每晚躺下在床上,每天早晨起来,我都会问自己同样的问题——你追求的到底是什么?
我找不到答案,至少现在还没有找到,但我还是傻傻地不厌倦地问着。我嘴角一扬,有种莫名的坦然的笑。或许它就像生命一样,是个迷,永远不会有确定的答案。它会随着时间空间的改变而潜移默化地转移。或许找不到它才是幸福,或许……
我太追求完美,不论是生活还爱情。我笑张国荣,哈斯•巴特尔〈大学的一个同学〉却在笑着我。他说我为什么要这样折磨自己,明知道是僵尸也死死抱紧,不愿意放下,丢弃;明明知道是蛊,还要饮鸠止渴;明知是不可能的,还要执着。你真是头固执的牛犊,怎么也不回头,永远追求,永远忠于那可怕的完美……你真是个“偏激狂”!
没错,我就是个疯子。我总想起莎士比亚,想起他的哈姆雷特,他也是个疯子,叨念着“生存还是毁灭,这是个问题。”这样让人恐惧的问题。我总是会想起方鸿渐,他走在钱钟书《围城》中的矛盾丛林中。
我则住在自己制造的牢笼里,忍受着自己发明的刑具恩赐的种种伤痛和累累伤痕。或许我还是个虐待狂,虐待自己的虐待狂,或许别人会这样说我。我无须去跟他们斤斤计较,太较真,自己反而会变的一般低级。窗户没有关,难免会有苍蝇、蚊子飞进来;身上有汗味,难免会有不知臭的小动物靠近,到最后没让它们满意,难免会像恶狗一样咬你一口,狂叫着跑了。
不说身边的人不了解我,有时候就连我自己也不了解我自己。
六十年代出生的人是痛并快乐的一代;七十年代出生的人是财富与激情并进的一代;八十年代出生的是标榜个性追求自我的一代。而我正好是八十后的人,虽然我不标榜个性,但我还是追求自我,所以……
我知道时间会带来一切,时间也带走一切。时间面前我们总是那么脆弱,那么渺小,那么的无能为力!

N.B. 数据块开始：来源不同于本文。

-- ===== src/Setup/Order.antt =====
-- src/setup.rs: what a setup writes and installs, and in which order.
use wakezilla.Prelude.{
  if◌then◌else◌, Result, Result-cases, ok, err, ℕ, String, ◌≡◌, refl, sym, ap, ◌∙◌, subst, inl, inr,
  Option, none, some, List, [], ◌∷◌,
}
use wakezilla.Config.{Config, config_path, Entry, Writing, WriteError, save_to, regular, save_text}
use wakezilla.Config.Secret.{
  Private, write_secret_file-Private, written, untouched, truncated, partial, unsynced,
}
use wakezilla.Service.{Mode}
use wakezilla.Setup.Apply.{
  SetupError, Host, planned_config, Effects, install_saved, save_planned, apply_with_key,
  no_executable, not_saved, apply_from, install_failed,
}

-- The effects of a setup: nothing without an executable or where the configuration is rejected, a configuration that could not be saved, or one call of the
-- installation after the planned configuration was saved.
pub data Applied (host : Host) (mode : Mode) (port : ℕ) (key : Option String) (file : Entry)
    : Effects → Type 0 where
  no_binary :
      host.current_exe ≡ none → Applied host mode port key file (file, [], err no_executable)
  rejected :
      (exe : String) (e : SetupError)
      → host.current_exe ≡ some exe
      → planned_config host mode port key ≡ err e
      → Applied host mode port key file (file, [], err e)
  unsaved :
      (cfg : Config) (remaining : Entry) (e : WriteError) (exe : String)
      → host.current_exe ≡ some exe
      → planned_config host mode port key ≡ ok cfg
      → save_to host.to_string_pretty host.writing file cfg ≡ (remaining, err e)
      → Applied host mode port key file (remaining, [], err not_saved)
  saved :
      (cfg : Config) (contents : List ℕ) (exe : String)
      → host.current_exe ≡ some exe
      → planned_config host mode port key ≡ ok cfg
      → host.to_string_pretty cfg ≡ some contents
      → Applied host mode port key file (
        regular 0o600 contents,
        (mode, exe, port) ∷ [],
        if host.install mode exe port then ok config_path else err install_failed,
      )

Private-ok :
    (old : Entry) (contents : List ℕ) (r : Entry × Result (Unit {0}) WriteError)
    → Private old contents r
    → r.1 ≡ ok tt
    → r ≡ (regular 0o600 contents, ok tt)
Private-ok old contents r written h = refl
Private-ok old contents r (untouched e) h = cc
Private-ok old contents r (truncated mode e) h = cc
Private-ok old contents r (partial n e) h = cc
Private-ok old contents r (unsynced e) h = cc

save_text-ok :
    (w : Writing) (file : Entry) (text : Option (List ℕ))
    → (save_text w file text).1 ≡ ok tt
    → (contents : List ℕ) × (text ≡ some contents)
      × (save_text w file text ≡ (regular 0o600 contents, ok tt))
unfolding save_text
save_text-ok w file none h = cc
save_text-ok w file (some contents) h =
    (contents, refl, Private-ok file contents _ (write_secret_file-Private w file contents).0 h)

install_saved-Applied :
    (host : Host) (mode : Mode) (port : ℕ) (key : Option String) (file : Entry) (exe : String)
    (cfg : Config) (r : Entry × Result (Unit {0}) WriteError)
    → host.current_exe ≡ some exe
    → planned_config host mode port key ≡ ok cfg
    → save_to host.to_string_pretty host.writing file cfg ≡ r
    → Applied host mode port key file (install_saved host mode port exe r)
unfolding install_saved save_to
install_saved-Applied host mode port key file exe cfg (remaining, ok done) found planned e =
    let (contents, made, whole) =
      save_text-ok host.writing file (host.to_string_pretty cfg) (ap (λ x. x.1) e) in
    let same : remaining ≡ regular 0o600 contents = ap (λ x. x.0) (sym e ∙ whole) in
    subst
      (λ x. Applied host mode port key file (
        x,
        (mode, exe, port) ∷ [],
        if host.install mode exe port then ok config_path else err install_failed,
      ))
      (sym same) (saved cfg contents exe found planned made)
install_saved-Applied host mode port key file exe cfg (remaining, err e) found planned h =
    unsaved cfg remaining e exe found planned h

-- A setup that has its mode and port writes the planned configuration before it calls the
-- installation, once, with the executable in use. Without an executable, or with a key that is
-- rejected, it touches nothing; if the configuration is not saved, nothing is installed.
pub apply_with_key-Applied :
    (host : Host) (mode : Mode) (port : ℕ) (key : Option String) (file : Entry)
    → Applied host mode port key file (apply_with_key host mode port key file)
unfolding apply_with_key apply_from save_planned
apply_with_key-Applied host mode port key file = go host.current_exe refl
  where
    go :
        (exe : Option String)
        → host.current_exe ≡ exe
        → Applied host mode port key file (apply_from host mode port key file exe)
    go none h = no_binary h
    go (some exe) h = elim (Result-cases (planned_config host mode port key)) [
      | inl (cfg, planned) ↦
          rw (planned, save_planned)
            (install_saved-Applied host mode port key file exe cfg _ h planned refl)
      | inr (e, refused) ↦ rw (refused, save_planned) (rejected exe e h refused)
    ]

我是那么的渺小,在庞大的时光里。我所有的伤痛也不及时光的一点点擦伤。我们都是可怜的动物,匆匆几十载,迷迷糊糊地漂泊,不知所措。
动物真是可怜,还不如自己身体里的一个菌。历史那么长,我们是生命却是那么短暂。
或许正因为这样,我们才比它们可贵,我们才应更加地珍惜。
生命的长度是有限的,可生命的宽度是可以无限蔓延。
看着路上湍急的车水马龙,匆忙的人流,我那追问变成了对自己一种挚深的审视。所有的东西都会在简单而粗糙的生活中磨蚀殆尽。深夜里惊醒,常常会惊恐地发现自己在疲于应对的状态中放逐了最后的青春岁月。
所以我不希望这样,八十年后的人或许都不愿意这样,所以追求自我,追求完美。
日子波澜不惊,平复简单,或许正是因为简单平复,才让人觉得心灵麻木疲惫,才让人觉得人生的苍白而无味,都是为什么呢?
总会有清晨,总会有黄昏,总会有那么一刹那让人觉得真实状态。总会在月明清风的夜晚抚摸沉淀在心理的沙铄和金子,那怕是历数自己的伤痕。